Building a Star Wars Medical Frigate

It’s been a long time since I’ve posted here, I know. Sorry about that. I’ve been busy. Partly work, partly not. One of the things I’ve been busy with since I last posted is getting somewhat obsessed with the X-Wing miniatures game. It’s a fun and in-depth tactics game involving little Star Wars spaceships, so regular followers of this blog will see why I like it. But I don’t want to talk about the game itself today.

Because I’ve also been getting caught up in the arts and crafts aspect of the hobby. Mostly that’s meant repainting ships, which I’ve done a whole lot of. But from time to time I’ve also made my own ships. That started with an extremely rough and ready extra TIE Fighter I made not long after getting the starter set, purely to beef up my rather thin Imperial roster. Two years or so on, I now have all the TIE Fighters I could ever want and my ship-building has switched to the vessels that don’t yet exist in the game.
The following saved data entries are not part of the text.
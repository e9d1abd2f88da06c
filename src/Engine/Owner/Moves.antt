-- ===== src/Engine/Owner/Moves.antt =====
-- crates/nzbd-engine/src/owner.rs: a job moves in the queue.
mod Scenarios
use nzbd.Prelude.{
  ℕ, zero, suc, ◌+◌, ◌-◌, ◌≤◌, ◌<◌, min, ◌≡◌, refl, sym, ◌∙◌, ap, inl, inr, Bool, true, false, List,
  [], ◌∷◌, Option, none, some, arith, Bool-cases, Option-cases, if◌then◌else◌, ◌==◌, length,
  get_elem?,
}
use nzbd.Types.Job.{JobId, Job}
use nzbd.Engine.Queue.{QueueState}
use nzbd.Engine.Owner.{Owner, on_state, bump_epoch, publish_now}

pub data MoveOp : Type 0 where
  top up down bottom : MoveOp

-- `iter().position(..)`, `Vec::remove` and `Vec::insert`.
unfoldable pub position : JobId → List Job → Option ℕ
position id [] = none
position id (j ∷ l) =
    let later : Option ℕ = elim (position id l) [ none ↦ none | some i ↦ some (suc i) ] in
    if j.id == id then some zero else later

abbrev pub remove_at : ℕ → List Job → List Job
remove_at i [] = []
remove_at zero (j ∷ l) = l
remove_at (suc i) (j ∷ l) = j ∷ remove_at i l

abbrev pub insert_at : ℕ → Job → List Job → List Job
insert_at zero j l = j ∷ l
insert_at (suc i) j [] = j ∷ []
insert_at (suc i) j (k ∷ l) = k ∷ insert_at i j l

unfoldable pub target : MoveOp → ℕ → ℕ → ℕ
target top idx last = 0
target up idx last = idx - 1
target down idx last = min (idx + 1) last
target bottom idx last = last

abbrev pub moved : ℕ → ℕ → QueueState → QueueState
moved idx to q = elim (get_elem? q.jobs idx) [
  | none ↦ q
  | some j ↦ record q { jobs = insert_at to j (remove_at idx q.jobs) }
]

-- The answer is whether the job is in the queue.
unfoldable pub move_job : JobId → MoveOp → Owner → Owner × Bool
unfolding position target
move_job id op o = elim (position id o.state.jobs) [
  | none ↦ (o, false)
  | some idx ↦
      let to = target op idx (length o.state.jobs - 1) in
      let o' = publish_now (bump_epoch (record (on_state (moved idx to) o) { dirty = true })) in
      (if to == idx then o else o', true)
]

-- The place that is found holds the job.
record Place (id : JobId) (l : List Job) (i : ℕ) : Type 0 where
  job : Job
  at : get_elem? l i ≡ some job
  named : job.id ≡ id
  within : i < length l

position-Place : (id : JobId) (l : List Job) (i : ℕ) → position id l ≡ some i → Place id l i
unfolding position
position-Place id [] i e = absurd (ground (arith, e))
position-Place id (j ∷ l) i e = elim (Bool-cases (j.id == id)) [
  | inl t ↦
      let e' : some zero ≡ some i = rw t at e in
      from_zero i (ground (arith, e')) (ground (arith, t))
  | inr f ↦ elim (Option-cases (position id l)) [
    | inl n ↦ let e' : none ≡ some i = rw n at (rw f at e) in absurd (ground (arith, e'))
    | inr (k, n) ↦
        let e' : some (suc k) ≡ some i = rw n at (rw f at e) in
        from_suc k i (ground (arith, e')) (position-Place id l k n)
  ]
]
  where
    from_zero : (i : ℕ) → zero ≡ i → j.id ≡ id → Place id (j ∷ l) i
    from_zero zero q n = record { job = j; at = refl; named = n; within = omega arith }
    from_zero (suc i) q n = absurd (omega (arith, q))

    from_suc : (k i : ℕ) → suc k ≡ i → Place id l k → Place id (j ∷ l) i
    from_suc k zero q p = absurd (omega (arith, q))
    from_suc k (suc i) q p = record {
      job = p.job;
      at = ap (get_elem? l) (omega (arith, q)) ∙ p.at;
      named = p.named;
      within = omega (arith, q, p.within);
    }

length-remove_at : (i : ℕ) (l : List Job) → i < length l → length (remove_at i l) + 1 ≡ length l
length-remove_at i [] h = absurd (omega (arith, h))
length-remove_at zero (j ∷ l) h = omega arith
length-remove_at (suc i) (j ∷ l) h = omega (arith, length-remove_at i l (omega (arith, h)))

remove-insert :
    (i : ℕ) (j : Job) (l : List Job)
    → i ≤ length l
    → (remove_at i (insert_at i j l) ≡ l) × (get_elem? (insert_at i j l) i ≡ some j)
remove-insert zero j l h = (refl, refl)
remove-insert (suc i) j [] h = absurd (omega (arith, h))
remove-insert (suc i) j (k ∷ l) h =
    let r = remove-insert i j l (omega (arith, h)) in (ap (λ m. k ∷ m) r.0, r.1)

target-le : (op : MoveOp) (idx last : ℕ) → idx ≤ last → target op idx last ≤ last
unfolding target
target-le top idx last h = omega arith
target-le up idx last h = omega (arith, h)
target-le down idx last h = omega (arith, h)
target-le bottom idx last h = omega arith

moved-found :
    (idx to : ℕ) (q : QueueState) (j : Job)
    → get_elem? q.jobs idx ≡ some j
    → (moved idx to q).jobs ≡ insert_at to j (remove_at idx q.jobs)
moved-found idx to q j e = rw (e, moved) refl

-- A job that moves ends up where it was asked to, and nothing else changes its place: after the move
-- the job stands at its target, and without it the queue is the old one without it.
move_keeps_the_rest :
    (id : JobId) (op : MoveOp) (o : Owner) (idx : ℕ)
    → position id o.state.jobs ≡ some idx
    → let q = (move_job id op o).0.state.jobs in
      let to = target op idx (length o.state.jobs - 1) in
      ((j : Job) × (get_elem? q to ≡ some j) × (j.id ≡ id))
      × (remove_at to q ≡ remove_at idx o.state.jobs)
unfolding move_job
move_keeps_the_rest id op o idx e =
    let p = position-Place id o.state.jobs idx e in
    let to = target op idx (length o.state.jobs - 1) in
    let le = target-le op idx (length o.state.jobs - 1) (omega (arith, p.within)) in
    let r =
      remove-insert to p.job (remove_at idx o.state.jobs)
        (omega (arith, le, length-remove_at idx o.state.jobs p.within)) in
    elim (Bool-cases (to == idx)) [
      | inl t ↦
          let same : to ≡ idx = ground (arith, t) in
          rw (e, move_job) (rw t (rw same ((p.job, p.at, p.named), refl)))
      | inr f ↦
          rw (e, move_job)
            (rw f (rw (moved-found idx to o.state p.job p.at) ((p.job, r.1, p.named), r.0)))
    ]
The first proper project I undertook was Director Krennic’s shuttle from Rogue One. When that was a success I moved on to something a bit more challenging, with more colour and a lot more surface detail – the Consular-Class Republic cruiser that appears at the beginning of the Phantom Menace and throughout the Clone Wars. That went very well, and I still love looking at it up on my bookcase. Now that a growing slate of Republic ships are appearing in the game, I’m looking forward to flying it properly.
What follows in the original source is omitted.